A necessidade louca por garantir novos fundos e investimento poderá ser uma faca de dois gumes, pois no desespero, as federações do Hemisfério Norte e Sul e as entidades que detêm alguns dos torneios mais conhecidos – caso das Seis Nações ou Rugby Championship – podem vergar perante as vontades e desejos da CVC, que num primeiro instante só deverá rentabilizar com a venda dos direitos de transmissão de jogos e gestão de bilheteira, passando depois para um plano estratégico de mudança de torneios, edificação de novos, o que poderá iniciar uma disputa de poder contra a World Rugby, caso esta não ceda perante o plano do fundo de investimentos para o rugby.
Um exemplo dos problemas que a CVC pode já formular passa pelo fim da Liga Mundial, competição idealizada pela World Rugby junto de algumas federações, com o fundo de investimentos a poder ter outras ideias para o futuro, como a constituição de um projeto rival que pelo simples fato de poder render mais fundos às federações, poderá ser considerado como preferencial em contraponto com o da WR. No mesmo sentido, levantam-se perguntas em relação ao Mundial de Clubes, ao prolongamento dos campeonatos, à formatação da Heineken Cup ou até dos Super Rugby do Sul, em que a falta de união entre as várias federações que fazem ramalhete do rugby mundial, pode facilitar a entrada da CVC em diferentes locais, elaborando modelos e regras a seu bel-prazer, criando assim um pólo de domínio novo dentro de uma modalidade já por si extremamente dispersa e fragmentada.

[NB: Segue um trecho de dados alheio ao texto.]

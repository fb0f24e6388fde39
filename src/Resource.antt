-- ===== src/Resource.antt =====
-- What the reconcilers of internal/operator do alike with their custom resource: the finalizer, the
-- `migrate` field, the status. `Kind` says how one kind of resource is read and written.
pub mod Laws
pub mod Trail
pub mod Live
pub mod Removal
pub mod Creation
pub mod Progress
use minio_operator_ext.Base.{String, Bool, Option, none, List, if◌then◌else◌}
use minio_operator_ext.Api.{ObjectMeta}
use minio_operator_ext.Client.{Op, Call, Env, Io, ◌>>=◌, ◌>>◌, pure, perform}
use minio_operator_ext.Reconciler.{finalizer, Reconciler, ReconcileResult, succeed}

pub record Kind (W R S : Type 0) : Type 0 where
  -- `x.ObjectMeta`, `x.Spec`, `x.Status.CurrentSpec`, `x.Spec.Migrate`
  pub meta : R → ObjectMeta
  pub spec : R → S
  pub current_spec : R → Option S
  pub migrate : R → Bool
  -- assignments to these
  pub set_finalizers : R → List String → R
  pub set_current_spec : R → Option S → R
  pub clear_migrate : R → R
  -- `r.Update(ctx, x)`: what is recorded of the call, and the call
  pub op : R → Op
  pub call : R → Call W R

module _ {W R S : Type 0} (env : Env W) (k : Kind W R S) where
  abbrev pub update : R → Io W R
  update x = perform (k.op x) (k.call x)

  -- `if x.Spec.Migrate { x.Spec.Migrate = false; err = r.Update(ctx, x) }`
  unfoldable pub drop_migrate : R → Io W R
  drop_migrate x = if k.migrate x then update (k.clear_migrate x) else pure x

  module _ (r : Reconciler) where
    -- Not marked for deletion, without the finalizer.
    unfoldable pub add_finalizer : R → Io W ReconcileResult
    add_finalizer x = do
      update (k.set_finalizers x (env.add_finalizer (k.meta x).finalizers finalizer))
      succeed r

    -- Marked for deletion, status unset.
    unfoldable pub clear_finalizer : R → Io W ReconcileResult
    clear_finalizer x = do
      update (k.set_finalizers x (env.remove_finalizer (k.meta x).finalizers finalizer))
      succeed r

    -- `x.Status.CurrentSpec = nil; err = r.Update(ctx, x)`
    unfoldable pub clear_status : R → Io W ReconcileResult
    clear_status x = do update (k.set_current_spec x none); succeed r
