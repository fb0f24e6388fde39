-- ===== src/Policy/Hash.antt =====
-- `getHash` of internal/operator/minio_policy_reconciler.go: the digest by which policies are
-- compared. The lists are sorted first, so their order does not count.
use Prim.Native.Char.{code}
use mathlib.Core.List.{map}
use minio_operator_ext.Base.{String, ◌++◌, Bool, true, false, List, [], ◌∷◌, if◌then◌else◌, ltb}
use minio_operator_ext.Api.{MinioPolicyStatement, MinioPolicySpec, MinioAccessKeyPolicy}
use minio_operator_ext.Client.{Env}

-- `a <= b` on strings: by the code points, which is the order of the bytes in UTF-8
unfoldable pub text_leb : String → String → Bool
text_leb String.[] b = true
text_leb (String.◌∷◌ c s) String.[] = false
text_leb (String.◌∷◌ c s) (String.◌∷◌ d t) =
    let rest = text_leb s t in
    if ltb (code c) (code d) then true else if ltb (code d) (code c) then false else rest

unfoldable pub insert : String → List String → List String
insert x [] = x ∷ []
insert x (y ∷ ys) = if text_leb x y then x ∷ y ∷ ys else y ∷ insert x ys

-- `slices.Sort`
unfoldable pub sort : List String → List String
unfolding insert
sort [] = []
sort (x ∷ xs) = insert x (sort xs)

-- `strings.Join`
unfoldable pub join : String → List String → String
join sep [] = ""
join sep (x ∷ []) = x
join sep (x ∷ y ∷ ys) = x ++ sep ++ join sep (y ∷ ys)

-- What is hashed of a statement.
unfoldable pub statement_text : MinioPolicyStatement → String
statement_text st =
    join "|" (join "," (sort st.action) ∷ st.effect ∷ join "," (sort st.resource) ∷ [])

-- What is hashed of a version and the digests of the statements.
unfoldable pub document_text : String → List String → String
document_text version digests = join "|" (version ∷ join "," (sort digests) ∷ [])

module _ {W : Type 0} (env : Env W) where
  -- `getHash` of a `v1.MinioPolicyStatement`
  unfoldable pub statement_hash : MinioPolicyStatement → String
  statement_hash st = env.sha512_256 (statement_text st)

  -- `getHash` of a `*v1.MinioPolicySpec`
  unfoldable pub policy_spec_hash : MinioPolicySpec → String
  policy_spec_hash mps =
      env.sha512_256 (document_text mps.version (map statement_hash mps.statement))

  -- `getHash` of a `*v1.MinioAccessKeyPolicy`
  unfoldable pub access_key_policy_hash : MinioAccessKeyPolicy → String
  access_key_policy_hash makp =
      env.sha512_256 (document_text makp.version (map statement_hash makp.statement))
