-- ===== src/AccessKey/Actions/Calls.antt =====
-- The single calls of the access key reconciler, and the tests on what they answer, in
-- internal/operator/minio_access_key_reconciler.go.
use text.Mathlib.Text.{find?}
use minio_operator_ext.Base.{
  String, Bool, true, false, not, ◌&&◌, ◌||◌, Option, none, some, List, [], if◌then◌else◌, ◌==◌,
  string_eq, option_eq,
}
use minio_operator_ext.Api.{
  ObjectMeta, MinioAccessKey, MinioAccessKeySpec, MinioAccessKeyPolicy, Secret, Connection,
  AddServiceAccountReq, UpdateServiceAccountReq, InfoServiceAccountResp, time_eq,
}
use minio_operator_ext.Client.{
  Error, Op, ok, err, Env, Io, ◌>>=◌, pure, throw, lift, query, perform, attempt,
}
use minio_operator_ext.Resource.{Kind}
use minio_operator_ext.Policy.Hash.{access_key_policy_hash}

abbrev pub set_current_spec : MinioAccessKey → Option MinioAccessKeySpec → MinioAccessKey
set_current_spec ak c = record ak { status = record ak.status { current_spec = c } }

-- `v1.MinioAccessKeyPolicy{}`
abbrev pub no_policy : MinioAccessKeyPolicy
no_policy = record { statement = []; version = "" }

-- `strings.Contains(err.Error(), text)`
abbrev pub says : {W : Type 0} → Env W → Error → String → Bool
says env e text = elim (find? (env.error_text e) text) [ none ↦ false | some _ ↦ true ]

-- Does what MinIO has differ from what the status says?
abbrev pub remote_differs :
    {W : Type 0} → Env W → InfoServiceAccountResp → MinioAccessKeyPolicy → MinioAccessKeySpec → Bool
remote_differs env msa policy current =
    not (msa.description == current.description)
    || not (msa.expiration == current.expiration)
    || not (msa.name == current.name)
    || not (access_key_policy_hash env policy == access_key_policy_hash env current.policy)

-- Does the spec differ from what the status says?
abbrev pub spec_differs : {W : Type 0} → Env W → MinioAccessKeySpec → MinioAccessKeySpec → Bool
spec_differs env current spec =
    not (current.description == spec.description)
    || not (current.expiration == spec.expiration)
    || not (current.name == spec.name)
    || not (access_key_policy_hash env current.policy == access_key_policy_hash env spec.policy)

module _ {W : Type 0} (env : Env W) where
  -- `r.Update(ctx, ak)`
  abbrev pub update : MinioAccessKey → Io W MinioAccessKey
  update ak = perform (Op.update_access_key ak) (env.update_access_key ak)

  -- `r.Delete(ctx, secret)`
  abbrev pub delete_secret : Secret → Io W (Unit {0})
  delete_secret secret = perform (Op.delete_secret secret) (env.delete_secret secret)

  -- `mtac.UpdateServiceAccount(ctx, accessKey, req)`
  abbrev pub update_service_account :
      Connection → String → UpdateServiceAccountReq → Io W (Unit {0})
  update_service_account mtac key req =
      perform (Op.update_service_account mtac key req)
        (env.act (Op.update_service_account mtac key req))

  -- `mtac.DeleteServiceAccount(ctx, accessKey)`
  abbrev pub delete_service_account : Connection → String → Io W (Unit {0})
  delete_service_account mtac key =
      perform (Op.delete_service_account mtac key) (env.act (Op.delete_service_account mtac key))

  -- `mtac.AddServiceAccount(ctx, req)`, or `AddServiceAccountLDAP`
  abbrev pub add_service_account : Bool → Connection → AddServiceAccountReq → Io W (Unit {0})
  add_service_account ldap mtac req =
      let op : Op =
        if ldap then Op.add_service_account_ldap mtac req else Op.add_service_account mtac req in
      perform op (env.act op)

  abbrev pub clear_migrate : MinioAccessKey → MinioAccessKey
  clear_migrate ak = record ak { spec = record ak.spec { migrate = false } }

  abbrev pub set_finalizers : MinioAccessKey → List String → MinioAccessKey
  set_finalizers ak fs = record ak { meta = record ak.meta { finalizers = fs } }

  abbrev pub kind : Kind W MinioAccessKey MinioAccessKeySpec
  kind = record {
    meta = λ ak. ak.meta;
    spec = λ ak. ak.spec;
    current_spec = λ ak. ak.status.current_spec;
    migrate = λ ak. ak.spec.migrate;
    set_finalizers = set_finalizers;
    set_current_spec = set_current_spec;
    clear_migrate = clear_migrate;
    op = λ ak. Op.update_access_key ak;
    call = env.update_access_key;
  }

  -- `if ak.Spec.Migrate { ak.Spec.Migrate = false; r.Update(ctx, ak) }`
  unfoldable pub drop_migrate : MinioAccessKey → Io W MinioAccessKey
  drop_migrate ak = if ak.spec.migrate then update (clear_migrate ak) else pure ak

  -- `r.Get` of a secret, where a missing one is no error.
  unfoldable pub find_secret : ObjectMeta → String → Io W (Option Secret)
  find_secret meta name = do
    got ← attempt (query (env.get_secret (record { namespace = meta.namespace; name = name })))
    elim got [
      | ok secret ↦ pure (some secret)
      | err e ↦ if env.is_not_found e then pure none else throw e
    ]

  -- The policy of a request: `empty` if the spec has none.
  unfoldable pub marshal_spec_policy : MinioAccessKeyPolicy → Io W (Option String)
  marshal_spec_policy policy =
      if access_key_policy_hash env policy == access_key_policy_hash env no_policy
      then pure none
      else (do text ← lift (env.marshal_policy policy.statement policy.version); pure (some text))

  -- The policy that MinIO has for the access key.
  unfoldable pub remote_policy : InfoServiceAccountResp → Io W MinioAccessKeyPolicy
  remote_policy msa =
      if not msa.implied_policy && not (msa.policy == "")
      then lift (env.unmarshal_access_key_policy msa.policy)
      else pure no_policy
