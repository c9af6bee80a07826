-- ===== src/Grounding/Examples.antt =====
-- Witnesses for the theorems about grounding audits, and tests.
use blueship.Grounding.{
  ClaimGrounding, GroundingVerdict, is_claim_type, is_claim_status, is_issue, strict_loop,
  strict_graph_grounding, repairable_loop, grounding_repairable, graph_grounding_repairable,
}
use blueship.Grounding.Strict.{IsSupported, strict_graph_grounding_iff}
use blueship.Prelude.{
  String, true, false, some, List, [], ◌∷◌, ◌<◌, ◌≡◌, ◌↔◌, refl, All, length, contains,
}

abbrev join : List ClaimGrounding → String
join [] = ""
join (c ∷ cs) = c.issue

abbrev a_claim : ClaimGrounding
a_claim = record { claim = "44"; claim_type = "numerical"; status = "grounded"; issue = "" }

abbrev a_guess : ClaimGrounding
a_guess = record a_claim { status = "partial"; issue = "a guess" }

abbrev an_audit : GroundingVerdict
an_audit = record { met = true; unavailable = false; reason = ""; claims = a_claim ∷ a_guess ∷ [] }

strict_audit : (strict_graph_grounding join an_audit).reason ≡ "a guess"
unfolding strict_graph_grounding strict_loop is_claim_type is_claim_status is_issue contains
strict_audit = refl

repair_audit : graph_grounding_repairable (some (strict_graph_grounding join an_audit)) ≡ true
unfolding graph_grounding_repairable grounding_repairable repairable_loop strict_graph_grounding
    strict_loop is_claim_type is_claim_status is_issue contains
repair_audit = refl

strict_graph_grounding_iff_example :
    ((strict_graph_grounding join an_audit).met ≡ true)
    ↔ ((an_audit.met ≡ true) × (0 < length an_audit.claims) × All IsSupported an_audit.claims)
strict_graph_grounding_iff_example = strict_graph_grounding_iff join an_audit
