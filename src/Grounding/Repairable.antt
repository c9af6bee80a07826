-- ===== src/Grounding/Repairable.antt =====
-- What `graphGroundingRepairable` answers on an audit that the strict rule has judged
-- (internal/agenttask/graph_grounding.go).
use blueship.Grounding.{
  ClaimGrounding, GroundingVerdict, is_issue, strict_loop, strict_graph_grounding, repairable_loop,
  grounding_repairable, graph_grounding_repairable, unusable,
}
use blueship.Grounding.Strict.{is_empty}
use blueship.Prelude.{
  String, ◌==◌, Bool, true, false, not, ◌||◌, ◌⊎◌, inl, inr, some, List, [], ◌∷◌, ◌++◌, ◌≡◌, refl,
  sym, ap, subst, ◌∙◌, if◌then◌else◌, str_eq, Bool-cases, true≢false, arith, length,
}

-- An issue means that some claim so far is not grounded.
IsNoted : List ClaimGrounding → Bool → Type 0
IsNoted issues unsupported = (is_empty issues ≡ false) → (unsupported ≡ true)

IsNoted-claim :
    (c : ClaimGrounding) (issues : List ClaimGrounding) (unsupported : Bool)
    → IsNoted issues unsupported
    → IsNoted
        (if is_issue c then issues ++ c ∷ [] else issues)
        (unsupported || not (str_eq c.status "grounded"))
unfolding IsNoted is_issue
IsNoted-claim c issues unsupported h left = ground (arith, h, left)

-- The audit is unusable, or it is met or has a claim that is not grounded.
IsJudged : GroundingVerdict → Bool → Type 0
IsJudged r unsupported =
    (r.unavailable ≡ true) ⊎ ((r.unavailable ≡ false) × ((r.met ≡ true) ⊎ (unsupported ≡ true)))

judged-repairable :
    (r : GroundingVerdict)
    → (length r.claims == 0) ≡ false
    → IsJudged r (repairable_loop r.claims false)
    → grounding_repairable r ≡ not r.unavailable
unfolding grounding_repairable IsJudged
judged-repairable r claims h = ground (arith, h, claims)

unusable-repairable :
    (v : GroundingVerdict) (reason : String) → grounding_repairable (unusable reason v) ≡ false
unfolding grounding_repairable
unusable-repairable v reason = refl

module _ (join_issues : List ClaimGrounding → String) where
  loop-claims :
      (v : GroundingVerdict) (cs issues : List ClaimGrounding)
      → (strict_loop join_issues v cs issues).claims ≡ v.claims
  unfolding strict_loop
  loop-claims v [] [] = refl
  loop-claims v [] (i ∷ issues) = refl
  loop-claims v (c ∷ cs) issues =
      ground (arith, loop-claims v cs (if is_issue c then issues ++ c ∷ [] else issues))

  claim-IsJudged :
      (v : GroundingVerdict) (c : ClaimGrounding) (cs issues : List ClaimGrounding)
      (unsupported : Bool)
      → IsJudged
          (strict_loop join_issues v cs (if is_issue c then issues ++ c ∷ [] else issues))
          (repairable_loop cs (unsupported || not (str_eq c.status "grounded")))
      → IsJudged (strict_loop join_issues v (c ∷ cs) issues) (repairable_loop (c ∷ cs) unsupported)
  unfolding strict_loop repairable_loop IsJudged
  claim-IsJudged v c cs issues unsupported h = ground (arith, h)

  loop-IsJudged :
      (v : GroundingVerdict) (cs issues : List ClaimGrounding) (unsupported : Bool)
      → v.met ≡ true
      → v.unavailable ≡ false
      → IsNoted issues unsupported
      → IsJudged (strict_loop join_issues v cs issues) (repairable_loop cs unsupported)
  unfolding IsJudged IsNoted strict_loop repairable_loop is_empty
  loop-IsJudged v [] [] unsupported met usable noted = inr (usable, inl met)
  loop-IsJudged v [] (i ∷ issues) unsupported met usable noted = inr (usable, inr (noted refl))
  loop-IsJudged v (c ∷ cs) issues unsupported met usable noted =
      claim-IsJudged v c cs issues unsupported (
        loop-IsJudged v cs (if is_issue c then issues ++ c ∷ [] else issues)
          (unsupported || not (str_eq c.status "grounded")) met usable
          (IsNoted-claim c issues unsupported noted))

  usable_claims-IsJudged :
      (v : GroundingVerdict)
      → v.met ≡ true
      → v.unavailable ≡ false
      → IsJudged
          (strict_loop join_issues v v.claims [])
          (repairable_loop (strict_loop join_issues v v.claims []).claims false)
  unfolding IsNoted is_empty
  usable_claims-IsJudged v met usable =
      subst (λ cs. IsJudged (strict_loop join_issues v v.claims []) (repairable_loop cs false))
        (sym (loop-claims v v.claims []))
        (loop-IsJudged v v.claims [] false met usable (λ left. absurd (true≢false left)))

  -- graphGroundingRepairable accepts what the strict rule makes of a usable audit that was met,
  -- unless the strict rule has made the audit unavailable.
  strict-grounding_repairable :
      (v : GroundingVerdict)
      → v.met ≡ true
      → v.unavailable ≡ false
      → graph_grounding_repairable (some (strict_graph_grounding join_issues v))
        ≡ not (strict_graph_grounding join_issues v).unavailable
  unfolding graph_grounding_repairable strict_graph_grounding
  strict-grounding_repairable v met usable = elim (Bool-cases (length v.claims == 0)) [
    | inl no_claims ↦ rw no_claims (unusable-repairable v "grounding audit returned no claims")
    | inr claims ↦ rw claims (
        judged-repairable (strict_loop join_issues v v.claims [])
          (ap (λ cs. length cs == 0) (loop-claims v v.claims []) ∙ claims)
          (usable_claims-IsJudged v met usable))
  ]
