-- ===== src/Keyboard.antt =====
-- Persistent keyboards (internal/core/keyboard.go). The map `Nodes` is the list of its entries in
-- the order of one iteration; another iteration has another order. `strings.ToLower` is the
-- parameter `to_lower`. Of the errors the kind is kept.
pub mod Distinct
pub mod Labels
mod Examples
use Prim.Native.String.{◌++◌ as str_append}
use text.Mathlib.Text.{starts_with}
use blueship.Prelude.{
  ℕ, ◌+◌, String, Bool, true, false, not, ◌&&◌, ◌||◌, ◌==◌, ◌⊎◌, inl, inr, Option, none, some, List,
  [], ◌∷◌, if◌then◌else◌, str_eq, is_blank, trim_space, contains, and_then, reject,
}

pub record BotKeyboardKey : Type 0 where
  pub label : String
  pub node : String
  pub command : String
  pub say : String
  pub ask : String

pub record BotKeyboardNode : Type 0 where
  pub text : String
  pub parent : String
  pub rows : List (List BotKeyboardKey)

pub record BotKeyboard : Type 0 where
  pub root : String
  pub nodes : List (String × BotKeyboardNode)
  pub back_label : String
  pub close_label : String

pub record KeyAction : Type 0 where
  pub node : String
  pub text : String
  pub ask : String
  pub close : Bool

pub data MenuError : Type 0 where
  no_root no_close_label no_parent no_back_label no_keys no_text empty_row : MenuError
  no_label same_label slash_label no_screen no_known_command ask_without_say : MenuError
  ask_and_act not_one_thing : MenuError

unfoldable pub configured : BotKeyboard → Bool
configured k = elim k.nodes [ [] ↦ false | _ ↦ true ]

abbrev slash : String
slash = "/"

-- `strings.TrimPrefix(s, "/")`
unfoldable pub trim_slash : String → String
trim_slash String.[] = ""
trim_slash (String.◌∷◌ c s) = if str_eq (String.◌∷◌ c "") slash then s else String.◌∷◌ c s

-- `strings.Contains(s, AskPlaceholder)`
unfoldable pub has_placeholder : String → Bool
has_placeholder String.[] = false
has_placeholder (String.◌∷◌ c s) = starts_with (String.◌∷◌ c s) "%s" || has_placeholder s

-- The node `id`, if there is one.
unfoldable pub has_node : List (String × BotKeyboardNode) → String → Bool
has_node [] id = false
has_node ((j, n) ∷ ns) id = str_eq j id || has_node ns id

abbrev pub blank_action : KeyAction
blank_action = record { node = ""; text = ""; ask = ""; close = false }

-- One `set++`.
abbrev pub count : Bool → ℕ
count true = 1
count false = 0

abbrev pub is_set : String → Bool
is_set s = not (str_eq s "")

module _ (to_lower : String → String) where
  unfoldable pub normalize_command_name : String → String
  normalize_command_name name = to_lower (trim_slash (trim_space name))

  -- The body of the `switch` of `Action`.
  unfoldable pub action_of : BotKeyboardKey → KeyAction
  action_of key =
      if is_set key.node
      then record blank_action { node = key.node }
      else if is_set key.command
      then record blank_action { text = str_append slash (normalize_command_name key.command) }
      else record blank_action { text = key.say; ask = key.ask }

  unfoldable pub find_in_row : String → List BotKeyboardKey → Option KeyAction
  find_in_row text [] = none
  find_in_row text (key ∷ keys) =
      if str_eq key.label text then some (action_of key) else find_in_row text keys

  unfoldable pub find_in_rows : String → List (List BotKeyboardKey) → Option KeyAction
  find_in_rows text [] = none
  find_in_rows text (row ∷ rows) = elim (find_in_row text row) [
    | some a ↦ some a
    | none ↦ find_in_rows text rows
  ]

  unfoldable pub find_in_nodes : String → List (String × BotKeyboardNode) → Option KeyAction
  find_in_nodes text [] = none
  find_in_nodes text ((id, node) ∷ ns) = elim (find_in_rows text node.rows) [
    | some a ↦ some a
    | none ↦ find_in_nodes text ns
  ]

  -- `Action` on the trimmed text.
  unfoldable pub action_on : BotKeyboard → String → Option KeyAction
  action_on k text =
      if str_eq text "" || not (configured k)
      then none
      else if is_set k.close_label && str_eq text k.close_label
      then some (record blank_action { close = true })
      else if is_set k.back_label && str_eq text k.back_label
      then some blank_action
      else find_in_nodes text k.nodes

  unfoldable pub action : BotKeyboard → String → Option KeyAction
  action k text = action_on k (trim_space text)

  -- The three cases of the `switch` of `validKey`.
  unfoldable pub check_label : List String → BotKeyboardKey → Option MenuError
  check_label seen key = and_then (reject (is_blank key.label) MenuError.no_label) (
      and_then (reject (contains seen key.label) MenuError.same_label)
        (reject (starts_with key.label slash) MenuError.slash_label))

  unfoldable pub check_ask : BotKeyboardKey → Option MenuError
  check_ask key =
      and_then
        (reject (is_set key.ask && (str_eq key.say "" || not (has_placeholder key.say)))
          MenuError.ask_without_say)
        (reject (is_set key.ask && (is_set key.node || is_set key.command)) MenuError.ask_and_act)

  unfoldable pub valid_key :
      List (String × BotKeyboardNode)
      → List String
      → List String
      → BotKeyboardKey
      → Option MenuError
  valid_key nodes known seen key = and_then (check_label seen key) (
      and_then (reject (is_set key.node && not (has_node nodes key.node)) MenuError.no_screen) (
        and_then
          (reject (is_set key.command && not (contains known (normalize_command_name key.command)))
            MenuError.no_known_command)
          (and_then (check_ask key) (
            reject
              (not (
                count (is_set key.node) + count (is_set key.command) + count (is_set key.say) == 1))
              MenuError.not_one_thing))))

  -- The inner loops of `Valid`: an error, or the labels that they have seen.
  unfoldable pub check_row :
      List (String × BotKeyboardNode)
      → List String
      → List String
      → List BotKeyboardKey
      → MenuError ⊎ List String
  check_row nodes known seen [] = inr seen
  check_row nodes known seen (key ∷ keys) = elim (valid_key nodes known seen key) [
    | some e ↦ inl e
    | none ↦ check_row nodes known (key.label ∷ seen) keys
  ]

  unfoldable pub check_rows :
      List (String × BotKeyboardNode)
      → List String
      → List String
      → List (List BotKeyboardKey)
      → MenuError ⊎ List String
  check_rows nodes known seen [] = inr seen
  check_rows nodes known seen ([] ∷ rows) = inl MenuError.empty_row
  check_rows nodes known seen ((key ∷ keys) ∷ rows) =
      elim (check_row nodes known seen (key ∷ keys)) [
        | inl e ↦ inl e
        | inr seen' ↦ check_rows nodes known seen' rows
      ]

  -- The checks of a screen before its keys.
  unfoldable pub check_screen : BotKeyboard → BotKeyboardNode → Option MenuError
  check_screen k node =
      and_then
        (reject (is_set node.parent && not (has_node k.nodes node.parent)) MenuError.no_parent)
        (and_then (reject (is_set node.parent && str_eq k.back_label "") MenuError.no_back_label) (
          and_then (elim node.rows [ [] ↦ some MenuError.no_keys | _ ↦ none ])
            (reject (is_blank node.text) MenuError.no_text)))

  unfoldable pub check_nodes :
      BotKeyboard → List String → List String → List (String × BotKeyboardNode) → Option MenuError
  check_nodes k known seen [] = none
  check_nodes k known seen ((id, node) ∷ ns) = elim (check_screen k node) [
    | some e ↦ some e
    | none ↦ elim (check_rows k.nodes known seen node.rows) [
      | inl e ↦ some e
      | inr seen' ↦ check_nodes k known seen' ns
    ]
  ]

  unfoldable pub known_commands : List String → List String
  known_commands [] = []
  known_commands (name ∷ names) = normalize_command_name name ∷ known_commands names

  -- The labels of the two controls, that the transport adds.
  unfoldable pub controls : BotKeyboard → List String
  controls k = if is_set k.back_label then k.back_label ∷ k.close_label ∷ [] else k.close_label ∷ []

  -- Of the commands their names.
  unfoldable pub valid : BotKeyboard → List String → Option MenuError
  valid k commands =
      if not (configured k)
      then none
      else if not (has_node k.nodes k.root)
      then some MenuError.no_root
      else if str_eq k.close_label ""
      then some MenuError.no_close_label
      else check_nodes k (known_commands commands) (controls k) k.nodes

A expressão “nem tudo o que brilha é ouro” aplica-se na perfeição à situação das forças do rugby perante a oferta de investimento da CVC Capital Partners, que mesmo sem estarem dentro da modalidade, têm noção de como controlar, dominar e absorver tudo o que há de bom, sem se importar em trazer elementos positivos e que permitam uma evolução crescente e auspiciosa à comunidade da bola oval. Todavia, é evidente que o rugby apresenta problemas preocupantes em termos de aceitação consigo mesmo, desde federações com uma comunicação antiquada e que afasta adeptos (o amadorismo excessivo ou o falso profissionalismo nas equipas de comunicação é um fator supra negativo), ao ataque constante dos detentores dos direitos das ligas/torneios em bloquear páginas que fazem publicidade à modalidade através da análise ou dar a conhecer o jogo, às constantes mudanças e volte-faces nas estruturas e instituições que não trazem paz na procura do necessário equilíbrio para se atingir outro patamar de excelência e expansão do rugby, que continua a criar um cisma profundo entre a elite e os “outros”.
Quem celebra a entrada da CVC sem olhar para o que aconteceu na Fórmula 1 – e não foi o único desporto em que este fundo de investimentos fez um serviço de má qualidade -, cai na ingenuidade que todo o investidor privado significa bonança, crescimento e enriquecimento. O desporto profissional é negócio, não há mínima dúvida disso, e isso por si não é negativo, pois o que na realidade é negativo é como a gestão do investimento é realizada, algo que a CVC demonstrou só estar interessada na parte de lucrar sem crescimento ou desenvolvimento de novas estratégias.